Beginning at the line that contains "unfolding sys_execute", write out every line down to the end of the records, with both ends kept and nothing added.

____________

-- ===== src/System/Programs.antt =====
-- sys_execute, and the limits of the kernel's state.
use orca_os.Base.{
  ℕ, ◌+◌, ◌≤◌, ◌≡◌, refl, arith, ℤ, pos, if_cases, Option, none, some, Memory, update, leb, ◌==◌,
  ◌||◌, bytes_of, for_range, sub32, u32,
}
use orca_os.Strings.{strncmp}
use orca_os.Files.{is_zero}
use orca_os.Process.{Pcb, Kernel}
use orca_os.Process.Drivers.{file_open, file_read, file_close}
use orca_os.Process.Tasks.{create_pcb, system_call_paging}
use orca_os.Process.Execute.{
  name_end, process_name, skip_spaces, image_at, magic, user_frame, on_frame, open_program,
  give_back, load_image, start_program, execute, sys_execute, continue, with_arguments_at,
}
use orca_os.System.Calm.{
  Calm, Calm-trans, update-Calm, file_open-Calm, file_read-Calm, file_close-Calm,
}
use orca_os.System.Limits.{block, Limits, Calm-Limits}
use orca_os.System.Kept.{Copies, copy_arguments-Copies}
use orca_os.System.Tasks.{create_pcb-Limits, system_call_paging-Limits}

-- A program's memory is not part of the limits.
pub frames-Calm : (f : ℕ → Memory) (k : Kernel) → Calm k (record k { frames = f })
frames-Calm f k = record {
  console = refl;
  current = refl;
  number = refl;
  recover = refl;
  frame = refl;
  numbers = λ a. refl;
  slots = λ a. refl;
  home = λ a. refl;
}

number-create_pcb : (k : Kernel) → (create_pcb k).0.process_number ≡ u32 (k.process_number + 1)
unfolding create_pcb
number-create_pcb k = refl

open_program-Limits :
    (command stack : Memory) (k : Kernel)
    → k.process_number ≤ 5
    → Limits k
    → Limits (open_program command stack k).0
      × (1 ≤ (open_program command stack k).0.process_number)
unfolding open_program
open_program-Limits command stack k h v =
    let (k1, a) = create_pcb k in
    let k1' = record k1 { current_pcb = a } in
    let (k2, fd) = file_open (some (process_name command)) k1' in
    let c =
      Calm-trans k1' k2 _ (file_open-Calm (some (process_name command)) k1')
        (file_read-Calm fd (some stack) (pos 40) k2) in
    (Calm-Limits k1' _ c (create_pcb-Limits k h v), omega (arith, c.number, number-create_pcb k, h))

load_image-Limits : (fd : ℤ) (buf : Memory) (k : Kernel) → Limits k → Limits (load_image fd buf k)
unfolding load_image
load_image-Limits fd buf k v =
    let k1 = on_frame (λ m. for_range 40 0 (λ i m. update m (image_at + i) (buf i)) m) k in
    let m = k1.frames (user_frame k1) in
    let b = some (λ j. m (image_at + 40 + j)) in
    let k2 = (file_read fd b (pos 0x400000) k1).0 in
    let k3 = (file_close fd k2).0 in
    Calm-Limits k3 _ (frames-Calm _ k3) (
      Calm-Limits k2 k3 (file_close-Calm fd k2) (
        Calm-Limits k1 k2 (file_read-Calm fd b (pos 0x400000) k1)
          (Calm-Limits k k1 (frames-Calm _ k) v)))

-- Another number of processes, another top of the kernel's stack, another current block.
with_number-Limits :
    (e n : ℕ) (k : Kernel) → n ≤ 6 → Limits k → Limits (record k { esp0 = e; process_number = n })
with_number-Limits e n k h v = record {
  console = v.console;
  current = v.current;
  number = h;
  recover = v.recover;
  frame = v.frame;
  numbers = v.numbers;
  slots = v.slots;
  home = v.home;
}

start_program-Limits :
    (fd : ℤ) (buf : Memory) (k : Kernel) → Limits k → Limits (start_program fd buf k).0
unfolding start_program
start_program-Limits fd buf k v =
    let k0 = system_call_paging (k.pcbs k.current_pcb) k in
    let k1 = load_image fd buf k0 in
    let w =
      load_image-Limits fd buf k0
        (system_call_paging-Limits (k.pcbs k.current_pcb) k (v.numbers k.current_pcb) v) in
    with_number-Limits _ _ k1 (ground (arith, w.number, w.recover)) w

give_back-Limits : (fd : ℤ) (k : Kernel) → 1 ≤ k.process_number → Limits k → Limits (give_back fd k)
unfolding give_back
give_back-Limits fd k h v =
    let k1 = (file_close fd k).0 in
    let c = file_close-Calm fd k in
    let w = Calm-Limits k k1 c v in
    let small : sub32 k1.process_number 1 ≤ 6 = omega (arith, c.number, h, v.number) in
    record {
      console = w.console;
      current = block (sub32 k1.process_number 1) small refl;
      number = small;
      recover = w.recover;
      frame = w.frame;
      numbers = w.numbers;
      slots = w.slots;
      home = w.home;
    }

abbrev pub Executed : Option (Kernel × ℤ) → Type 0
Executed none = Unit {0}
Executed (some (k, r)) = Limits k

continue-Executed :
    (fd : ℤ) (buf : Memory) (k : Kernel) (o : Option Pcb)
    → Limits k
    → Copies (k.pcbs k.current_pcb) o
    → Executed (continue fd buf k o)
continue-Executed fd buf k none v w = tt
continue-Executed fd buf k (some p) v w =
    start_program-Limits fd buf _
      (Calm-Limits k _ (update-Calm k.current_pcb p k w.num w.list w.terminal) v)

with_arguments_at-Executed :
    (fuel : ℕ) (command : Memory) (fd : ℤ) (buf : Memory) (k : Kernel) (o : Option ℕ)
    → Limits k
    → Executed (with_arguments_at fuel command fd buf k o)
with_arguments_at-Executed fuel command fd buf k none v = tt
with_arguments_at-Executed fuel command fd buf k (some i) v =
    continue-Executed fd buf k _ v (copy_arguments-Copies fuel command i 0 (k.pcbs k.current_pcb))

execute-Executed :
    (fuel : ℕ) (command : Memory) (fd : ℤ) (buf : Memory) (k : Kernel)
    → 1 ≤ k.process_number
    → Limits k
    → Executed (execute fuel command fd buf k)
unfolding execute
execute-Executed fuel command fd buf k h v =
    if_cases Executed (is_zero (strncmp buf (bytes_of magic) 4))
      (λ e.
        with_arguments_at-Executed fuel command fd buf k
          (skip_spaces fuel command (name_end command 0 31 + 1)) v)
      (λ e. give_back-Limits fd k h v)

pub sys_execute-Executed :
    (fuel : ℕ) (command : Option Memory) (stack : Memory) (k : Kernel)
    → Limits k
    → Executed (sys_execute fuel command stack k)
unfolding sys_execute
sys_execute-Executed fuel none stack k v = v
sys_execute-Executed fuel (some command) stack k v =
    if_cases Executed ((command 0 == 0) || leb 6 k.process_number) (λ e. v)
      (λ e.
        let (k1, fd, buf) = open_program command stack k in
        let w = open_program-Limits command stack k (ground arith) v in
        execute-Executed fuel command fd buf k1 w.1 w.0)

____________

Task result —
unfolding sys_execute
sys_execute-Executed fuel none stack k v = v
sys_execute-Executed fuel (some command) stack k v =
    if_cases Executed ((command 0 == 0) || leb 6 k.process_number) (λ e. v)
      (λ e.
        let (k1, fd, buf) = open_program command stack k in
        let w = open_program-Limits command stack k (ground arith) v in
        execute-Executed fuel command fd buf k1 w.1 w.0)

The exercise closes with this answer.